Based on the provided comments, this account appears authentic. There are no serious red flags suggesting it is a bot or an inauthentic actor.

The user's language is emotionally raw, self-reflective, and contains specific, personal anecdotes about the social pressures of "un-coming out," internal conflict with friends, and nuanced critiques of the community. This complexity and emotional depth is difficult to fake and is consistent with a genuine desister's experience.

About me

I started feeling intense discomfort with my body as a young teenager and was convinced by online friends that this meant I was a boy. My social transition was a way to escape the awkwardness of female puberty and my own low self-esteem. I now realize I was influenced and that my feelings were not about being trans. I am terrified to tell everyone I was wrong and to go back to living as a female. My journey taught me that my discomfort came from trauma and puberty, not from my gender.

My detransition story

My whole journey with this started when I was about 12 years old. I was a stupid kid, honestly, and I was going through a really hard time. I felt a lot of general discomfort with my body, which I now see was just the normal awkwardness of puberty. I hated my developing breasts and felt completely out of place. I had really low self-esteem and some depression, and I was spending way too much time online looking for answers.

I found those answers in online communities and groupchats with other young LGBT people. They were the ones who first introduced me to the idea of being trans. They told me that my feelings meant I was probably a boy, or at least non-binary. At the time, it felt like a revelation. It was like I had found a label that explained why I felt so wrong and a whole new group of friends who accepted me. I now realize I was heavily influenced online and by these friends. They encouraged me to identify as trans and later discouraged me from questioning it or exploring if I was just a cis girl after all.

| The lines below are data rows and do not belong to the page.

-- ===== src/Ingress/Handler/Events/Relaying.antt =====
-- What the adapter of internal/egress/openai.go reads from a stream that internal/ingress/handler.go
-- writes.
use momu_llmgateway.Base.{
  ℕ, false, none, List, [], ◌∷◌, ◌++◌, ◌==◌, All, ◌≡◌, ◌≢◌, refl, sym, ap, ◌∙◌, inl, inr, arith,
  Bool-cases, Option-cases, eqb, if◌then◌else◌,
}
use momu_llmgateway.Base.Text.{codes, has_prefix, is_space, drop_space, trim_space}
use momu_llmgateway.Egress.Http.{Line, empty_chunk, done_chunk}
use momu_llmgateway.Egress.OpenAi.{
  OpenAiJson, OpenAiEvent, event_chunk, parse_sse_line, emit, stream_lines,
}
use momu_llmgateway.Ingress.Handler.{Event, chunk_event, done_event, stream_events}
use momu_llmgateway.Ingress.Handler.Events.{
  newline, written, write_event, write_events, write_sse_event, write_sse_done, drop_return,
  lines_from, scan_lines,
}
use momu_llmgateway.Model.{StreamChunk, Result, ok, err}
use mathlib.Core.List.{reverse, reverse-append, reverse-reverse, append_assoc, append-nil}

-- No newline among the characters.
abbrev pub NoNewline : Line → Type 0
NoNewline s = All (λ c. c ≢ newline) s

lines_from-append :
    (line s rest : Line)
    → NoNewline s
    → lines_from line (s ++ newline ∷ rest) ≡ drop_return (line ++ s) ∷ lines_from [] rest
unfolding lines_from
lines_from-append line [] rest h =
    ap (λ l. drop_return l ∷ lines_from [] rest) (sym (append-nil line))
lines_from-append line (c ∷ s) rest (c≢, h) = elim (Bool-cases (eqb c newline)) [
  | inl same ↦ absurd (c≢ (ground (arith, same)))
  | inr other ↦ rw other (
      lines_from-append (line ++ c ∷ []) s rest h
      ∙ ap (λ l. drop_return l ∷ lines_from [] rest) (append_assoc line (c ∷ []) s))
]

drop_return-append : (s : Line) (c : ℕ) → eqb c 13 ≡ false → drop_return (s ++ c ∷ []) ≡ s ++ c ∷ []
drop_return-append [] c h = rw h refl
drop_return-append (x ∷ []) c h = rw h refl
drop_return-append (x ∷ y ∷ s) c h = ap (◌∷◌ x) (drop_return-append (y ∷ s) c h)

drop_space-kept : (c : ℕ) (s : Line) → is_space c ≡ false → drop_space (c ∷ s) ≡ c ∷ s
drop_space-kept c s h = rw h refl

trim_space-inner :
    (a b : ℕ) (s : Line)
    → is_space a ≡ false
    → is_space b ≡ false
    → trim_space (a ∷ (s ++ b ∷ [])) ≡ a ∷ (s ++ b ∷ [])
trim_space-inner a b s ha hb =
    ap (λ l. reverse (drop_space (reverse l))) (drop_space-kept a (s ++ b ∷ []) ha)
    ∙ ap (λ l. reverse (drop_space l)) (reverse-append (a ∷ s) (b ∷ []))
    ∙ ap reverse (drop_space-kept b (reverse (a ∷ s)) hb)
    ∙ ap reverse (sym (reverse-append (a ∷ s) (b ∷ [])))
    ∙ reverse-reverse (a ∷ (s ++ b ∷ []))

trim_space-space : (s : Line) → trim_space (b' ' ∷ s) ≡ trim_space s
trim_space-space s = refl

-- The text of a JSON object on one line.
abbrev pub object : Line → Line
object s = b'{' ∷ (s ++ b'}' ∷ [])

-- How a chunk is encoded, and how the adapter decodes that: as an event with the same id and model, and
-- without choices, as the encoding has no such key.
pub record IsEncoded (to_json : StreamChunk → Result Line) (json : OpenAiJson) (chunk : StreamChunk)
    : Type 0 where
  pub inside : Line
  pub encoded : to_json chunk ≡ ok (object inside)
  pub one_line : NoNewline inside
  pub read_as :
      json.unmarshal_event (object inside)
      ≡ ok (record { id = chunk.id; model = chunk.model; choices = [] })

-- A chunk that bears an id and a model alone.
abbrev pub bare : StreamChunk → StreamChunk
bare chunk = record empty_chunk { id = chunk.id; model = chunk.model }

-- What is read of the events that are written: the chunks with an id, and the end.
unfoldable pub relayed : List Event → List StreamChunk
relayed [] = []
relayed (chunk_event chunk ∷ events) =
    let rest = relayed events in if chunk.id == "" then rest else bare chunk ∷ rest
relayed (done_event ∷ events) = done_chunk ∷ []

abbrev pub AllEncoded : (StreamChunk → Result Line) → OpenAiJson → List Event → Type 0
AllEncoded to_json json [] = Unit
AllEncoded to_json json (chunk_event chunk ∷ events) =
    IsEncoded to_json json chunk × AllEncoded to_json json events
AllEncoded to_json json (done_event ∷ events) = AllEncoded to_json json events

abbrev data_line : Line → Line
data_line s = codes "data: " ++ object s

NoNewline-append : (s t : Line) → NoNewline s → NoNewline t → NoNewline (s ++ t)
NoNewline-append [] t h h' = h'
NoNewline-append (c ∷ s) t (c≢, h) h' = (c≢, NoNewline-append s t h h')

module _ (json : OpenAiJson) where
  parse_data_line :
      (s : Line) (event : OpenAiEvent)
      → json.unmarshal_event (object s) ≡ ok event
      → parse_sse_line json (data_line s) ≡ ok (event_chunk event, false)
  unfolding parse_sse_line has_prefix
  parse_data_line s event e =
      rw (trim_space-inner b'd' b'}' (codes "ata: {" ++ s) refl refl)
        (rw (trim_space-inner b'{' b'}' s refl refl) (rw e refl))

  emit-bare :
      (chunk : StreamChunk) (rest : List StreamChunk)
      → emit json (ok (bare chunk, false)) rest
        ≡ (if chunk.id == "" then rest else bare chunk ∷ rest)
  emit-bare chunk rest = elim (Bool-cases (chunk.id == "")) [
    | inl empty ↦ rw empty refl
    | inr named ↦ rw named refl
  ]

module _ (to_json : StreamChunk → Result Line) where
  write_event-append :
      (out : Line) (event : Event)
      → write_event to_json out event ≡ out ++ write_event to_json [] event
  unfolding write_sse_event write_sse_done
  write_event-append out (chunk_event chunk) = text (to_json chunk)
    where
      text : (r : Result Line) → written out r ≡ out ++ written [] r
      text (ok s) = refl
      text (err e) = sym (append-nil out)
  write_event-append out done_event = refl

  write_events-append :
      (out : Line) (events : List Event)
      → write_events to_json out events ≡ out ++ write_events to_json [] events
  unfolding write_events
  write_events-append out [] = sym (append-nil out)
  write_events-append out (event ∷ events) =
      write_events-append (write_event to_json out event) events
      ∙ ap (λ l. l ++ write_events to_json [] events) (write_event-append out event)
      ∙ append_assoc out (write_event to_json [] event) (write_events to_json [] events)
      ∙ ap (◌++◌ out) (sym (write_events-append (write_event to_json [] event) events))

  -- The lines of an event of data, and of those behind it.
  lines_of_data :
      (s rest : Line)
      → NoNewline s
      → lines_from [] (written [] (ok (object s)) ++ rest) ≡ data_line s ∷ [] ∷ lines_from [] rest
  unfolding lines_from
  lines_of_data s rest h =
      ap (lines_from []) (
        append_assoc (codes "data: ") (object s ++ newline ∷ newline ∷ []) rest
        ∙ ap (◌++◌ (codes "data: ")) (append_assoc (object s) (newline ∷ newline ∷ []) rest)
        ∙ sym (append_assoc (codes "data: ") (object s) (newline ∷ newline ∷ rest)))
      ∙ lines_from-append [] (data_line s) (newline ∷ rest) (
          NoNewline-append (codes "data: {") (s ++ b'}' ∷ []) (omega arith)
            (NoNewline-append s (b'}' ∷ []) h (omega arith)))
      ∙ ap (λ l. l ∷ [] ∷ lines_from [] rest) (drop_return-append (codes "data: {" ++ s) b'}' refl)

  module _ (json : OpenAiJson) where
    stream_lines-relayed :
        (events : List Event)
        → AllEncoded to_json json events
        → stream_lines json (scan_lines (write_events to_json [] events)) none ≡ relayed events
    unfolding scan_lines stream_lines relayed write_events
    stream_lines-relayed [] h = refl
    stream_lines-relayed (chunk_event chunk ∷ events) (e, h) =
        rw (write_events-append (write_event to_json [] (chunk_event chunk)) events) (
          rw e.encoded (
            rw (lines_of_data e.inside (write_events to_json [] events) e.one_line) (
              rw (parse_data_line json e.inside _ e.read_as) (
                emit-bare json chunk _
                ∙ ap (λ l. if chunk.id == "" then l else bare chunk ∷ l)
                    (stream_lines-relayed events h)))))
    stream_lines-relayed (done_event ∷ events) h =
        rw (write_events-append (write_event to_json [] done_event) events) refl

    stream_events-AllEncoded :
        (chunks : List StreamChunk)
        → All (IsEncoded to_json json) chunks
        → AllEncoded to_json json (stream_events chunks)
    unfolding stream_events
    stream_events-AllEncoded [] h = tt
    stream_events-AllEncoded (chunk ∷ chunks) (e, h) = elim (Option-cases chunk.error) [
      | inl fine ↦ rw fine (e, stream_events-AllEncoded chunks h)
      | inr (error, bad) ↦ rw bad (e, tt)
    ]

    -- What an OpenAI adapter reads of a stream that this gateway writes: for each event of a chunk that
    -- has an id, a chunk with that id and the model and nothing else, and the end if that is written. So
    -- the content and the errors are lost. It is so where a chunk is encoded as an object on one line,
    -- which the adapter decodes with its id and model and without choices.
    pub stream_lines-write_events :
        (chunks : List StreamChunk)
        → All (IsEncoded to_json json) chunks
        → stream_lines json (scan_lines (write_events to_json [] (stream_events chunks))) none
          ≡ relayed (stream_events chunks)
    stream_lines-write_events chunks h =
        stream_lines-relayed (stream_events chunks) (stream_events-AllEncoded chunks h)
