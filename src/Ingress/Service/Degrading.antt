-- ===== src/Ingress/Service/Degrading.antt =====
-- The service with the degradation engine: whether it ends in an error, and whether the fallback chain
-- ever answers.
use momu_llmgateway.Base.{
  String, Bool, true, false, Option, none, some, ◌≡◌, refl, inl, inr, Bool-cases,
}
use momu_llmgateway.Base.Int.{ℤ}
use momu_llmgateway.Decision.Router.{RouteDecision}
use momu_llmgateway.Fallback.{Engine, Context, Outcome, answered, failed, SendFunc, execute}
use momu_llmgateway.Fallback.Promise.{
  IsAnswered, NotByChain, execute-IsAnswered, execute-NotByChain,
}
use momu_llmgateway.Ingress.Service.{
  Services, CacheOps, build_send_fn, provider_missing, executed, run_allowed, run_routed,
  run_missed, run_cached, handle_chat_completion,
}
use momu_llmgateway.Model.{
  model_error, other_error, Result, ok, err, StandardRequest, StandardResponse,
}

-- If no provider bears the empty name, no request is ever answered by the fallback chain: the attempts
-- of the chain name no provider, and the service's send function refuses such a call.
pub build_send_fn-NotByChain :
    {S : Type 0} (svc : Services S) (ctx : Context S) (e : Engine) (req : StandardRequest)
    (provider model : String) (s : S)
    → svc.provider_lookup "" ≡ none
    → NotByChain (execute ctx e provider model (some (build_send_fn svc req)) s).1
build_send_fn-NotByChain svc ctx e req provider model s absent =
    execute-NotByChain ctx e (build_send_fn svc req) provider model s
      (λ m t. (provider_missing "", unfold build_send_fn in rw absent refl))

-- The errors that the HTTP handlers can turn into a reply.
abbrev pub IsModelError : {A : Type 0} → Result A → Type 0
IsModelError (ok a) = Unit
IsModelError (err (model_error error)) = Unit
IsModelError (err (other_error text)) = ⊥

module _ {S : Type 0} (svc : Services S) (ctx : Context S) (e : Engine)
    (wired : (provider model : String) (send : Option (SendFunc S)) (s : S)
      → svc.execute provider model send s ≡ execute ctx e provider model send s)
    (live : (s : S) → ctx.error s ≡ none) (fires : (d : ℤ) (s : S) → (ctx.wait d s).1 ≡ none)
    (routes : (req : StandardRequest) (s : S) → IsModelError (svc.route req s).1) where
  executed-IsModelError :
      (req : StandardRequest) (dec : RouteDecision) (x : S × Outcome)
      → IsAnswered x.1
      → IsModelError (executed svc req dec x).1
  executed-IsModelError req dec (s, answered resp level) h = tt
  executed-IsModelError req dec (s, failed error) h = absurd h

  run_allowed-IsModelError :
      (req : StandardRequest) (dec : RouteDecision) (x : S × Bool)
      → IsModelError (run_allowed svc req dec x).1
  run_allowed-IsModelError req dec (s, true) = executed-IsModelError req dec _ (
      rw (wired dec.provider_name dec.model (some (build_send_fn svc req)) s)
        (execute-IsAnswered ctx e (build_send_fn svc req) dec.provider_name dec.model s live fires))
  run_allowed-IsModelError req dec (s, false) = tt

  run_routed-IsModelError :
      (req : StandardRequest) (x : S × Result RouteDecision)
      → IsModelError x.1
      → IsModelError (run_routed svc req x).1
  run_routed-IsModelError req (s, ok dec) h =
      run_allowed-IsModelError req dec (svc.allow dec.provider_name dec.model s)
  run_routed-IsModelError req (s, err (model_error error)) h = tt
  run_routed-IsModelError req (s, err (other_error text)) h = absurd h

  run_cached-IsModelError :
      (cache : Option (CacheOps S)) (req : StandardRequest) (s : S)
      → IsModelError (run_cached svc cache req s).1
  run_cached-IsModelError none req s = run_routed-IsModelError req (svc.route req s) (routes req s)
  run_cached-IsModelError (some cache) req s = missed (cache.lookup req s)
    where
      missed : (x : S × Option StandardResponse) → IsModelError (run_missed svc req x).1
      missed (t, some resp) = tt
      missed (t, none) = run_routed-IsModelError req (svc.route req t) (routes req t)

  -- Where the engine of internal/fallback is wired in, its context is never done, its waits end, and the
  -- errors of the router are of the model package, a chat completion ends with a response or with a
  -- `*model.Error`, which is what the HTTP handler takes every error to be.
  pub handle_chat_completion-IsModelError :
      (req : StandardRequest) (s : S) → IsModelError (handle_chat_completion svc req s).1
  unfolding handle_chat_completion
  handle_chat_completion-IsModelError req s = elim (Bool-cases req.stream) [
    | inl streaming ↦ simp streaming tt
    | inr plain ↦ simp plain (run_cached-IsModelError svc.cache req s)
  ]
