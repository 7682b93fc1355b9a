-- ===== src/Ingress/Service/Streaming.antt =====
-- The streaming path: what it records, and what it asks of the provider.
use momu_llmgateway.Base.{
  ℕ, zero, suc, String, true, false, none, some, List, [], ◌∷◌, ◌≡◌, refl, arith,
}
use momu_llmgateway.Ingress.Service.{Services, forward}
use momu_llmgateway.Model.{StreamChunk}

-- The chunks with an error.
abbrev pub error_count : List StreamChunk → ℕ
error_count [] = 0
error_count (chunk ∷ chunks) = elim chunk.error [
  | none ↦ error_count chunks
  | some error ↦ suc (error_count chunks)
]

abbrev pub repeat {ℓ} : {A : Type ℓ} → ℕ → (A → A) → A → A
repeat zero f a = a
repeat (suc n) f a = repeat n f (f a)

module _ {S : Type 0} (svc : Services S) (provider model : String) where
  forward_from :
      (chunks : List StreamChunk) (s : S)
      → forward svc provider model chunks true s
        ≡ repeat (error_count chunks) (svc.record_failure provider model) s
  unfolding forward
  forward_from [] s = refl
  forward_from (chunk ∷ chunks) s =
      ground
        (arith, forward_from chunks s, forward_from chunks (svc.record_failure provider model s))

  -- For a stream that is received to its end, the circuit breaker hears of one success if no chunk bears
  -- an error, and otherwise of
  -- one failure for each chunk that does, and of no success.
  pub forward_lem :
      (chunks : List StreamChunk) (s : S)
      → forward svc provider model chunks false s ≡ elim (error_count chunks) [
        | zero ↦ svc.record_success provider model s
        | suc n ↦ repeat (suc n) (svc.record_failure provider model) s
      ]
  unfolding forward
  forward_lem [] s = refl
  forward_lem (chunk ∷ chunks) s =
      ground
        (arith, forward_lem chunks s, forward_from chunks (svc.record_failure provider model s))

I came out as a trans nonbinary male. I was so sure of it then, but looking back, I think a lot of it was about escapism. I wanted to escape the discomfort of growing up as a girl. I also think there was a lot of internalized misogyny happening that I didn't understand at the time. I saw so many other people online, especially around 2020 and 2021, doing the same thing. It felt like a wave of new trans guys, and I was part of it. I now believe that for many of us, it wasn't about genuine gender dysphoria but about a strong, internalized dislike for being a woman.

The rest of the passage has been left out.